Work item: From the records below, print exactly the lines starting at the one containing "filename src/Runs/Resources.antt" and ending at the one containing "a new resource.", ends included, and nothing else.
╭──
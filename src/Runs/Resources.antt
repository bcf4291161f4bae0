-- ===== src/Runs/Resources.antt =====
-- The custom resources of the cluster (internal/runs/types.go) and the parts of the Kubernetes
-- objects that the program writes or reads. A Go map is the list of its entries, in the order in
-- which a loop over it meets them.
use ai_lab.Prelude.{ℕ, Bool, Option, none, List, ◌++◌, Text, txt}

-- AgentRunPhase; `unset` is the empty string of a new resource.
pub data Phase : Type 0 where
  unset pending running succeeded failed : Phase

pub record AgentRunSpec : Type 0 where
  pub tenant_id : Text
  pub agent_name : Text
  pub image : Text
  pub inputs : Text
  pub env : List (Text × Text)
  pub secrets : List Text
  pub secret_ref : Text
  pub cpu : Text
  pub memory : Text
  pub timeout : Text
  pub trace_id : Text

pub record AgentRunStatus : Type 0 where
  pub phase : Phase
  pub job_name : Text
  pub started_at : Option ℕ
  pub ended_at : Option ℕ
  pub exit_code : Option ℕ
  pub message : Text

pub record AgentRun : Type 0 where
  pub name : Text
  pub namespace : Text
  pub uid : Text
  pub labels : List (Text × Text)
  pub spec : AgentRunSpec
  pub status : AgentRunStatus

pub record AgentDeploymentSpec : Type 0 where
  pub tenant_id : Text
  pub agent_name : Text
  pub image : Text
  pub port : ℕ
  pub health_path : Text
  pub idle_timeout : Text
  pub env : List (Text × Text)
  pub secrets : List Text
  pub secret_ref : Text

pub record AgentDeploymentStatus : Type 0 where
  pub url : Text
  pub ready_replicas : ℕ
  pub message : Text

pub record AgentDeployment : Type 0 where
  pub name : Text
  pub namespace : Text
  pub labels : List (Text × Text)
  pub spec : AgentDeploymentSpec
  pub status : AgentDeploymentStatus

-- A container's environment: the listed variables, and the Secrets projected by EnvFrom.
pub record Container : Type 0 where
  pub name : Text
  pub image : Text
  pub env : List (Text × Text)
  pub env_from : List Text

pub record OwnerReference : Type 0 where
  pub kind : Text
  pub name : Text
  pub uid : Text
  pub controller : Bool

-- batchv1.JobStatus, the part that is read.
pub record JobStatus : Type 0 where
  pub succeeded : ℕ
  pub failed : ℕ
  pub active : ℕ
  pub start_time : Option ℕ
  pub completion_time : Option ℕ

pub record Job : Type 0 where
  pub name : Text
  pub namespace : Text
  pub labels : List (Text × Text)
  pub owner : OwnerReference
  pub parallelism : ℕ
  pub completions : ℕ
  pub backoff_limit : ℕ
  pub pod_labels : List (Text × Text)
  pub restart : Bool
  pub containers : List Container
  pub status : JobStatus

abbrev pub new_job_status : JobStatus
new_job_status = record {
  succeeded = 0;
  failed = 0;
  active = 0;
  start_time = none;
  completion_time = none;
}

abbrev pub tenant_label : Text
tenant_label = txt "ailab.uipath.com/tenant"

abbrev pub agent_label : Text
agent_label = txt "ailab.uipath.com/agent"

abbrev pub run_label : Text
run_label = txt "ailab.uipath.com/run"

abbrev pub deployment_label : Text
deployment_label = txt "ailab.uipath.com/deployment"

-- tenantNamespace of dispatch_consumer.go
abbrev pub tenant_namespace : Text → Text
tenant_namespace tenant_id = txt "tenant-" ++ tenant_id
╰──
╭──
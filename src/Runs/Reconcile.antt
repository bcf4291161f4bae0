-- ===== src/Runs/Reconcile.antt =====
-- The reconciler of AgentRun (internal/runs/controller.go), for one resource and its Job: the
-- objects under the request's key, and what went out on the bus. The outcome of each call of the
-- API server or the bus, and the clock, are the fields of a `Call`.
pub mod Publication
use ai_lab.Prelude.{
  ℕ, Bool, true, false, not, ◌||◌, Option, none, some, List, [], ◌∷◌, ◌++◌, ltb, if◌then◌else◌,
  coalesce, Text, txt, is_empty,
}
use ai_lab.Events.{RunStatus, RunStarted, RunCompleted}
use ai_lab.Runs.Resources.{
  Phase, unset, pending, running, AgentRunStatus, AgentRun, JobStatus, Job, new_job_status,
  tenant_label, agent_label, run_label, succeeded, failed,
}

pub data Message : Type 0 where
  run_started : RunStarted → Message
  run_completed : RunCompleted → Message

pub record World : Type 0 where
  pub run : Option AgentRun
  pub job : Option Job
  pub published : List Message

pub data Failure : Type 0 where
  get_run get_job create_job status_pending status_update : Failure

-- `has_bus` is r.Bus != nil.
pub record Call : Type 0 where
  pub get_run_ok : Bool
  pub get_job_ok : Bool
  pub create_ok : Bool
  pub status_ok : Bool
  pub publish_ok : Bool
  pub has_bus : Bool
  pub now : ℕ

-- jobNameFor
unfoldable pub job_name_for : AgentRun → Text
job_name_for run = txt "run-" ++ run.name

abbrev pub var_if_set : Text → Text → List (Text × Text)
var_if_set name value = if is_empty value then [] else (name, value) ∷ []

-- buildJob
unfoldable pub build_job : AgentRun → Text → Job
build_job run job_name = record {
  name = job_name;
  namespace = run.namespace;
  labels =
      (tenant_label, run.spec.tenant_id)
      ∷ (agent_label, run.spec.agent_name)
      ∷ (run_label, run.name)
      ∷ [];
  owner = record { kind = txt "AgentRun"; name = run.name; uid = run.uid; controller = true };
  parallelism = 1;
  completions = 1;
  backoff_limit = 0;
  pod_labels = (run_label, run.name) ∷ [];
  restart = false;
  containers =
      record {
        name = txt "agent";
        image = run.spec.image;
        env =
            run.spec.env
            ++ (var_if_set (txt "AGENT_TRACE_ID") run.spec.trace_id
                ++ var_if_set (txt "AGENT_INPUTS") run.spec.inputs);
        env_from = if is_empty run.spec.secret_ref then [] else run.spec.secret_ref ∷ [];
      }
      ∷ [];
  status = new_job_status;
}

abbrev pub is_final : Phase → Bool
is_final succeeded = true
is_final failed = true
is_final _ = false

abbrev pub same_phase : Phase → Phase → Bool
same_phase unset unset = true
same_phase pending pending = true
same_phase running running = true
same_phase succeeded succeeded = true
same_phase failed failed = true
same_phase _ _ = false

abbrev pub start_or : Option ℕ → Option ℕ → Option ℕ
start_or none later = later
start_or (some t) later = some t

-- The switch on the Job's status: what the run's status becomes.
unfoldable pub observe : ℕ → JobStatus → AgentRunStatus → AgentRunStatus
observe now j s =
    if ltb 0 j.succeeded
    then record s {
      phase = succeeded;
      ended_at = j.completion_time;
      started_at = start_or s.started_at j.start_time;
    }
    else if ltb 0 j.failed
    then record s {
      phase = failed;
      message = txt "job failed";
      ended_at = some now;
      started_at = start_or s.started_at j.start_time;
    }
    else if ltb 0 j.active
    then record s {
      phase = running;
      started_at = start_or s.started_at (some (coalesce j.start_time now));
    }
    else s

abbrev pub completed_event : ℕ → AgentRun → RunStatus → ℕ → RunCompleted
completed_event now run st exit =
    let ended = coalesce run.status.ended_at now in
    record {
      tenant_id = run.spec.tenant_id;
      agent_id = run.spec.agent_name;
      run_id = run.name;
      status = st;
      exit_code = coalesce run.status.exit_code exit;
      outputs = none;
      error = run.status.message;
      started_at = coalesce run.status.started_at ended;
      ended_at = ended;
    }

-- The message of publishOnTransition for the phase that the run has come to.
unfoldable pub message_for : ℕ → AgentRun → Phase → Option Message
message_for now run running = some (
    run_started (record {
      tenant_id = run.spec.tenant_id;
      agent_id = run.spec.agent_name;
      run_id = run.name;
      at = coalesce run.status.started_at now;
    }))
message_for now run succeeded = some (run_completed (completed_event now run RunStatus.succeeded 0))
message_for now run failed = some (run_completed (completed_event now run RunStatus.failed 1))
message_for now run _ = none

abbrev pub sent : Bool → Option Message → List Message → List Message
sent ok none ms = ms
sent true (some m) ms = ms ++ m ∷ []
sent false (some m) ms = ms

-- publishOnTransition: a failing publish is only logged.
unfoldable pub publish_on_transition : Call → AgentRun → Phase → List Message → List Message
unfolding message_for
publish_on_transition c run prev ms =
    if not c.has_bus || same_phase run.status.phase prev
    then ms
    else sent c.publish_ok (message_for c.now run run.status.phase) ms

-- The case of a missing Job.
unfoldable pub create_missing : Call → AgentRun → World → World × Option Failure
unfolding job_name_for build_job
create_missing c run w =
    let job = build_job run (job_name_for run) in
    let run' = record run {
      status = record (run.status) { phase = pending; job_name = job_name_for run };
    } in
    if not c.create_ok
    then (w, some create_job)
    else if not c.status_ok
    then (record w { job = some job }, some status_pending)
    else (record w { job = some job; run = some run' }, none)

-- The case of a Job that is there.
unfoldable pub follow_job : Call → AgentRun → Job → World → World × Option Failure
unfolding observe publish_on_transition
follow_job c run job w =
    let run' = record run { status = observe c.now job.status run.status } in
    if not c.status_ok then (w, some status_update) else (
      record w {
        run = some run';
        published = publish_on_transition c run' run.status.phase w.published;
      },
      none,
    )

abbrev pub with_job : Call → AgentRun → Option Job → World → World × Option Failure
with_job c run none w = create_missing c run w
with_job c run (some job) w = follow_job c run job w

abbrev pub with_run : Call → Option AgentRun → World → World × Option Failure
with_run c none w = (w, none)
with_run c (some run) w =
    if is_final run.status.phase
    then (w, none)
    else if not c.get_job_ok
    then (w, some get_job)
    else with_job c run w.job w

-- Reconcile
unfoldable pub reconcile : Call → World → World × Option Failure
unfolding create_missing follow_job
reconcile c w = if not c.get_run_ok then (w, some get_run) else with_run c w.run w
╰──
Answer box:
filename src/Runs/Resources.antt
repository bcf4291161f4bae0
-- ===== src/Runs/Resources.antt =====
-- The custom resources of the cluster (internal/runs/types.go) and the parts of the Kubernetes
-- objects that the program writes or reads. A Go map is the list of its entries, in the order in
-- which a loop over it meets them.
use ai_lab.Prelude.{ℕ, Bool, Option, none, List, ◌++◌, Text, txt}

-- AgentRunPhase; `unset` is the empty string of a new resource.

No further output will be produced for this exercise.